The Starbucks Weighted Vest, designed in partnership with Kahlana Barfield Brown, who is the founder of fashion and lifestyle brand KBB by Kahlana and a former InStyle beauty director, launches today at 12 p.m. PT / 3 p.m. ET at KBBweightedvest.com for $22. The vest features 5 pounds of customizable weights, a "bespoke" silhouette designed to look more like apparel than gym gear, and a dedicated pocket sized to hold a bottle of RTD Coffee & Protein. It's available while supplies last.

The Starbucks Coffee & Protein Level Up Strava Challenge runs from May 21 through June 18. Participants who walk or run for 22 minutes a day across 10 or more days inside the Strava app are entered to win one of the weighted vests. The challenge is free, with no purchase required, and is open to U.S. residents 18 and over.

Why It Matters

Starbucks tying a coffee launch to a weighted vest and a Strava challenge is a clean signal that the brand is reading the same wellness trend lines everyone else in beverage is reading. Functional protein drinks are the fastest-growing category in the cold case, weighted vests went from a niche fitness tool to a TikTok phenomenon in under a year, and Strava continues to dominate as the platform of choice for the fitness-curious. Hitting all three in one campaign is the kind of integrated play that traditionally lifestyle brands like Lululemon or Nike would run — not a coffee chain.

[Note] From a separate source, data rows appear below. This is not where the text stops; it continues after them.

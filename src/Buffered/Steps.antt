-- ===== src/Buffered/Steps.antt =====
-- src/buffered.rs: the steps of the two threads and the invariants.
use oxideav_source.Prelude.{
  ℕ, ◌+◌, ◌<◌, ◌≡◌, refl, ap, ◌∙◌, subst, inl, inr, Bool, true, false, Option, some, arith, Bytes,
  length, u64_mod, ◌==◌, if-cases, IoError,
}
use oxideav_source.Source.{Source}
use oxideav_source.Buffered.Ring.{RingState}
use oxideav_source.Buffered.Reader.{Round, attempt, expire}
use oxideav_source.Buffered.Worker.{
  Phase, head, asleep, exited, seeking, seek_failed, reading, depositing,
}
use oxideav_source.Buffered.System.{
  System, Choice, wake_worker, IsU64, Next, after_rounds, read, drop_source, wakes, by_reader,
}
use oxideav_source.Buffered.Invariant.{Drained}
use oxideav_source.Buffered.Attempts.{Tried, replied, slept, attempt-Tried, expire-Tried}
use oxideav_source.Buffered.Working.{aim, Working-asked, Working-wake, WorkerOk, WorkerOk-Drained}
use oxideav_source.Buffered.Reasons.{Sleeping-Drained, Sleeping-told, Waiting, Alive}
use oxideav_source.Buffered.Contract.{
  is_dropped, silent, dropping, empty_buffer, answered, SystemOk, Stepped, Alive-wake, Alive-same,
}
use oxideav_source.Buffered.Seeking.{seek-Stepped}
use oxideav_source.Buffered.Cases.{InRead, by_reader_cases}

module _ {S : Type 0} (Serves : S → Bytes → ℕ → Type 0) (Raises : IoError → Type 0) (c : Bytes)
    (short : length c < u64_mod) (s : System S) (k : SystemOk Serves Raises c s) where
  abbrev P : Next S → Type 0
  P = Stepped Serves Raises c s.pos

  wake-WorkerOk :
      (st : RingState) (b : Bool)
      → Drained s.ring st
      → WorkerOk Serves Raises c st s.inner (wake_worker b s.worker)
  wake-WorkerOk st b d =
      Working-wake Serves Raises c (aim st.stop st.target_pos) (st.ring_start + length st.buf)
        (length st.buf) st.capacity s.inner s.worker b
        (WorkerOk-Drained Serves Raises c s.ring st s.inner s.worker d k.work)

  after_rounds-Stepped :
      (n : ℕ) (o : Option Round)
      → 0 < n
      → is_dropped s.reader ≡ false
      → Tried Raises c n s.pos s.ring o
      → P (after_rounds n s o)
  unfolding after_rounds
  after_rounds-Stepped n _ positive there (replied r q st b x h at d t) = (
    record {
      ring = h;
      at = at;
      work = wake-WorkerOk st b d;
      sleep = Sleeping-Drained s.ring st s.worker b d t k.sleep;
      wait = tt;
      alive = Alive-wake st s.worker b (Alive-same s.ring st s.worker d.same_dead k.alive);
      stopped = d.same_stop ∙ k.stopped ∙ there;
    },
    answered n q r x,
  )
  after_rounds-Stepped n _ positive there (slept st b x h at edge d t) = (
    record {
      ring = h;
      at = at;
      work = wake-WorkerOk st b d;
      sleep = Sleeping-Drained s.ring st s.worker b d t k.sleep;
      wait = (x, positive);
      alive = Alive-wake st s.worker b (Alive-same s.ring st s.worker d.same_dead k.alive);
      stopped = d.same_stop ∙ k.stopped ∙ there;
    },
    silent,
  )

  resume-Stepped :
      (n wrap : ℕ)
      → 0 < n
      → is_dropped s.reader ≡ false
      → P (after_rounds n s (attempt wrap n s.pos s.ring))
  resume-Stepped n wrap positive there =
      after_rounds-Stepped n (attempt wrap n s.pos s.ring) positive there
        (attempt-Tried Raises c short wrap n positive s.pos s.ring k.ring k.at)

  expired-Stepped :
      (n wrap : ℕ)
      → 0 < n
      → is_dropped s.reader ≡ false
      → P (after_rounds n s (expire wrap n s.pos s.ring))
  expired-Stepped n wrap positive there =
      after_rounds-Stepped n (expire wrap n s.pos s.ring) positive there
        (expire-Tried Raises c short wrap n positive s.pos s.ring k.ring k.at)

  read-Stepped : (n wrap : ℕ) → is_dropped s.reader ≡ false → P (read n wrap s)
  unfolding read
  read-Stepped n wrap there =
      if-cases P (n == 0) (λ _. (k, empty_buffer))
        (λ some_room. resume-Stepped n wrap (ground arith) there)

  drop_source-Stepped : P (some (drop_source s))
  unfolding drop_source
  drop_source-Stepped =
      let st : RingState = record s.ring { stop = true } in
      let h = k.ring in
      (
        record {
          ring = record {
            total = h.total;
            window = h.window;
            bounded = h.bounded;
            room = h.room;
            block = h.block;
            fraction = h.fraction;
            start_fits = h.start_fits;
            ended = h.ended;
            failed = h.failed;
            dead = h.dead;
            asked = h.asked;
          };
          at = record { lower = k.at.lower; upper = k.at.upper; fits = k.at.fits };
          work =
              Working-wake Serves Raises c (some 0) (st.ring_start + length st.buf) (length st.buf)
                st.capacity s.inner s.worker true
                (Working-asked Serves Raises c (aim s.ring.stop s.ring.target_pos) 0
                  (st.ring_start + length st.buf) (length st.buf) st.capacity
                  (st.ring_start + length st.buf) (length st.buf) st.capacity s.inner s.worker
                  k.work);
          sleep = Sleeping-told s.ring st s.worker (λ _. inr refl) k.sleep;
          wait = tt;
          alive = Alive-wake st s.worker true (Alive-same s.ring st s.worker refl k.alive);
          stopped = refl;
        },
        dropping,
      )

  pub held_positive : (n : ℕ) → InRead n s → 0 < n
  held_positive n (inl e) = (subst (Waiting s.ring) e k.wait).1
  held_positive n (inr e) = subst (Waiting s.ring) e k.wait

  held_there : (n : ℕ) → InRead n s → is_dropped s.reader ≡ false
  held_there n (inl e) = ap is_dropped e
  held_there n (inr e) = ap is_dropped e

  pub by_reader-Stepped :
      (src : Source S) (ch : Choice) → IsU64 ch → P (by_reader src s.reader ch s)
  by_reader-Stepped src =
      by_reader_cases src s P tt (λ n wrap e. read-Stepped n wrap (ap is_dropped e))
        (λ from e h. seek-Stepped Serves Raises c short from s k e h) drop_source-Stepped
        (λ n wrap h. resume-Stepped n wrap (held_positive n h) (held_there n h))
        (λ n wrap h. expired-Stepped n wrap (held_positive n h) (held_there n h))

  pub wakes-Stepped : (src : Source S) (w : Phase) → s.worker ≡ w → P (wakes src w s)
  wakes-Stepped src asleep e = (
    record {
      ring = k.ring;
      at = k.at;
      work = subst (WorkerOk Serves Raises c s.ring s.inner) e k.work;
      sleep = tt;
      wait = k.wait;
      alive = subst (Alive s.ring) e k.alive;
      stopped = k.stopped;
    },
    silent,
  )
  wakes-Stepped src head e = tt
  wakes-Stepped src exited e = tt
  wakes-Stepped src (seeking _) e = tt
  wakes-Stepped src (seek_failed _) e = tt
  wakes-Stepped src (reading _) e = tt
  wakes-Stepped src (depositing _) e = tt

It's also a notable move because Starbucks isn't typically thought of as a fitness brand. The Coffee & Protein launch is part of CEO Brian Niccol's "Back to Starbucks" plan to make the company a lifestyle destination rather than a drive-thru pit stop, and recent collaborations with Zac Posen, Roller Rabbit, and Hello Kitty show how aggressively the company is leaning into cultural relevance. The wellness angle is the next leg of that strategy, and the Kahlana Barfield Brown partnership specifically targets the fashion-meets-fitness consumer that Starbucks hasn't historically owned.

Bigger Picture

The number 22 is doing a lot of work here. The vest costs $22. The protein content is 22 grams. The Strava challenge is 22 minutes a day. Every consumer touchpoint reinforces the same anchor number, which is sharp marketing — and a reminder that the line between functional beverages and fitness apparel is collapsing fast.

It's also worth watching how PepsiCo, which manufactures and distributes Starbucks' RTD lineup, fits into this push. PepsiCo has been quietly building out the protein side of its beverage portfolio for years, and a coordinated marketing event like this — with a fitness app partnership, an apparel drop, and the most recognizable coffee brand in the world — is the kind of integrated activation that smaller protein drink brands simply can't match. For competitors in the RTD protein category like Fairlife Core Power or Owyn, Starbucks just raised the ceiling on what a launch can look like.